::: Exercise materials

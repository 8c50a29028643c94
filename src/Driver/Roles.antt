-- ===== src/Driver/Roles.antt =====
-- The role and its metrics over the sessions of a driver.
use jack_courier_driver_pglg.Prelude.{
  ◌≡◌, refl, ap, ◌∙◌, ◌⊎◌, inl, inr, List, [], ◌∷◌, Bool, true, false, ◌&&◌, ◌||◌, Option, some,
  Bytes, arith, Bool-cases, if◌then◌else◌,
}
use jack_courier_driver_pglg.Errors.{Error, Result, ok, err, slot_busy, cancelled}
use jack_courier_driver_pglg.Row.{Lsn}
use jack_courier_driver_pglg.Wal.{Decoders, WalConsumer, new_wal_consumer}
use jack_courier_driver_pglg.Cursor.{cursor_lsn}
use jack_courier_driver_pglg.Stream.{Limits}
use jack_courier_driver_pglg.Driver.{
  shutdown, busy_slot, World, Ran, SessionInputs, Starting, unidentified, started, refused, role,
  acquire_leadership, relinquish_leadership, emit_leader_gauge, start_streaming, close_session,
  stream, with_cursor, run_once, after_error, after_session, continue, run_sessions,
}
use jack_courier_driver_pglg.Driver.Sessions.{read_cursor-answer, read_cursor-failed}
use jack_courier_driver_pglg.Driver.Leadership.{
  IsReported, acquire_leadership-IsReported, relinquish_leadership-IsReported,
}

-- A session leaves the driver as it is, or makes it the leader.
abbrev Leads : World → World → Type 0
Leads w w' = (w'.driver ≡ w.driver) ⊎ (w'.driver ≡ acquire_leadership w.driver)

after_error-IsReported :
    (i : SessionInputs) (e : Error) (w : World)
    → IsReported w.driver
    → IsReported (after_error i e w).1.driver
unfolding after_error
after_error-IsReported i slot_busy w h =
    let k = relinquish_leadership-IsReported busy_slot w.driver h in
    record { shown = k.shown; counted = k.counted }
after_error-IsReported i e w h = h

after_session-IsReported :
    (i : SessionInputs) (r : Ran) (k : World → Ran)
    → ((w : World) → IsReported w.driver → IsReported (k w).1.driver)
    → IsReported r.1.driver
    → IsReported (after_session i r k).1.driver
unfolding after_session continue
after_session-IsReported i (ok u, w) k f h = h
after_session-IsReported i (err e, w) k f h =
    go i.stopped (after_error i e w) (after_error-IsReported i e w h)
  where
    go :
        (b : Bool) (r : Ran)
        → IsReported r.1.driver
        → IsReported
            (if b
              then (err cancelled, record w { driver = relinquish_leadership shutdown w.driver })
              else continue r k).1.driver
    go true r same = relinquish_leadership-IsReported shutdown w.driver h
    go false (err x, w') same = same
    go false (ok v, w') same = f w' same

stream-Leads :
    (lib : Decoders) (cfg : Limits) (i : SessionInputs) (l : Lsn) (w : World) (c : WalConsumer)
    (s : Starting)
    → Leads w (stream lib cfg i l w (start_streaming s l c)).1
unfolding stream start_streaming close_session
stream-Leads lib cfg i l w c unidentified = inl refl
stream-Leads lib cfg i l w c (refused b) = inl refl
stream-Leads lib cfg i l w c started = inr refl

-- The session's connection streams.
abbrev pub is_started : Starting → Bool
is_started started = true
is_started _ = false

abbrev pub streams : SessionInputs → Bool
streams i = i.query_ok && i.connect_ok && is_started i.starting

abbrev pub is_busy : Error → Bool
is_busy slot_busy = true
is_busy _ = false

role-after_error :
    (i : SessionInputs) (e : Error) (w : World)
    → role (after_error i e w).1.driver ≡ (if is_busy e then false else role w.driver)
unfolding after_error relinquish_leadership emit_leader_gauge
role-after_error i slot_busy w = ground arith
role-after_error i e w = refl

role-after_session :
    (i : SessionInputs) (e : Error) (r : Ran)
    → r.0 ≡ err e
    → role (after_session i r (λ w. (ok tt, w))).1.driver
      ≡ (if i.stopped || is_busy e then false else role r.1.driver)
unfolding after_session continue relinquish_leadership emit_leader_gauge
role-after_session i e (ok u, w) h = absurd (ground arith)
role-after_session i e (err x, w) h =
    let same : x ≡ e = ground arith in
    rw (← same) (go i.stopped (after_error i x w) (role-after_error i x w))
  where
    go :
        (b : Bool) (r : Ran)
        → role r.1.driver ≡ (if is_busy x then false else role w.driver)
        → role
            (if b
              then (err cancelled, record w { driver = relinquish_leadership shutdown w.driver })
              else continue r (λ w'. (ok tt, w'))).1.driver
          ≡ (if b || is_busy x then false else role w.driver)
    go true r g = ground arith
    go false (ok v, w') g = g
    go false (err y, w') g = g

module _ (lib : Decoders) (cfg : Limits) (show_lsn : Lsn → Bytes)
    (parse_lsn : Bytes → Option Lsn) where
  with_cursor-Leads :
      (i : SessionInputs) (w : World) (r : Result Lsn) → Leads w (with_cursor lib cfg i w r).1
  unfolding with_cursor
  with_cursor-Leads i w (err e) = inl refl
  with_cursor-Leads i w (ok l) = elim (Bool-cases i.connect_ok) [
    | inl there ↦ rw there (stream-Leads lib cfg i l w new_wal_consumer i.starting)
    | inr gone ↦ rw gone (inl refl)
  ]

  run_once-Leads :
      (i : SessionInputs) (w : World) → Leads w (run_once lib cfg show_lsn parse_lsn i w).1
  unfolding run_once
  run_once-Leads i w = with_cursor-Leads i w _

  run_once-IsReported :
      (i : SessionInputs) (w : World)
      → IsReported w.driver
      → IsReported (run_once lib cfg show_lsn parse_lsn i w).1.driver
  run_once-IsReported i w h = elim (run_once-Leads i w) [
    | inl same ↦ rw same h
    | inr led ↦ rw led (acquire_leadership-IsReported w.driver h)
  ]

  -- Over any sessions, and however Run ends: if the gauge of the leader role showed the role and the
  -- role was acquired once more than relinquished just on a leader, both are so after.
  pub run_sessions-IsReported :
      (is : List SessionInputs) (w : World)
      → IsReported w.driver
      → IsReported (run_sessions lib cfg show_lsn parse_lsn is w).1.driver
  unfolding run_sessions
  run_sessions-IsReported [] w h = h
  run_sessions-IsReported (i ∷ is) w h =
      after_session-IsReported i _ _ (run_sessions-IsReported is) (run_once-IsReported i w h)

  role-stream :
      (i : SessionInputs) (l : Lsn) (w : World) (c : WalConsumer) (s : Starting)
      → role (stream lib cfg i l w (start_streaming s l c)).1.driver
        ≡ (is_started s || role w.driver)
  unfolding stream start_streaming close_session acquire_leadership emit_leader_gauge
  role-stream i l w c unidentified = refl
  role-stream i l w c (refused b) = refl
  role-stream i l w c started = ground arith

  role-run_once :
      ((l : Lsn) → parse_lsn (show_lsn l) ≡ some l)
      → (i : SessionInputs) (w : World)
      → role (run_once lib cfg show_lsn parse_lsn i w).1.driver ≡ (streams i || role w.driver)
  unfolding run_once with_cursor
  role-run_once reads i w = elim (Bool-cases i.query_ok) [
    | inr failed ↦ rw (failed, read_cursor-failed show_lsn parse_lsn w.db.cursor) refl
    | inl asked ↦
        rw (asked, read_cursor-answer show_lsn parse_lsn reads w.db.cursor)
          (elim (Bool-cases i.connect_ok) [
            | inl there ↦ rw there (role-stream i (cursor_lsn w.db) w new_wal_consumer i.starting)
            | inr gone ↦ rw gone refl
          ])
  ]

  -- The role after a session that has failed, whatever it was before: standby where the driver stops
  -- or the slot was taken; else leader where the connection had streamed, and as before where not. It
  -- needs that the driver reads the cursor as PostgreSQL writes it.
  pub role-run_sessions :
      ((l : Lsn) → parse_lsn (show_lsn l) ≡ some l)
      → (i : SessionInputs) (w : World) (e : Error)
      → (run_once lib cfg show_lsn parse_lsn i w).0 ≡ err e
      → role (run_sessions lib cfg show_lsn parse_lsn (i ∷ []) w).1.driver
        ≡ (if i.stopped || is_busy e then false else (streams i || role w.driver))
  unfolding run_sessions
  role-run_sessions reads i w e h =
      role-after_session i e (run_once lib cfg show_lsn parse_lsn i w) h
      ∙ ap (λ (b : Bool). if i.stopped || is_busy e then false else b) (role-run_once reads i w)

::::::

**What needs to be done:**
Report back every line of the entries in which "that" occurs.

**Output below:**
  -- The role after a session that has failed, whatever it was before: standby where the driver stops
  -- needs that the driver reads the cursor as PostgreSQL writes it.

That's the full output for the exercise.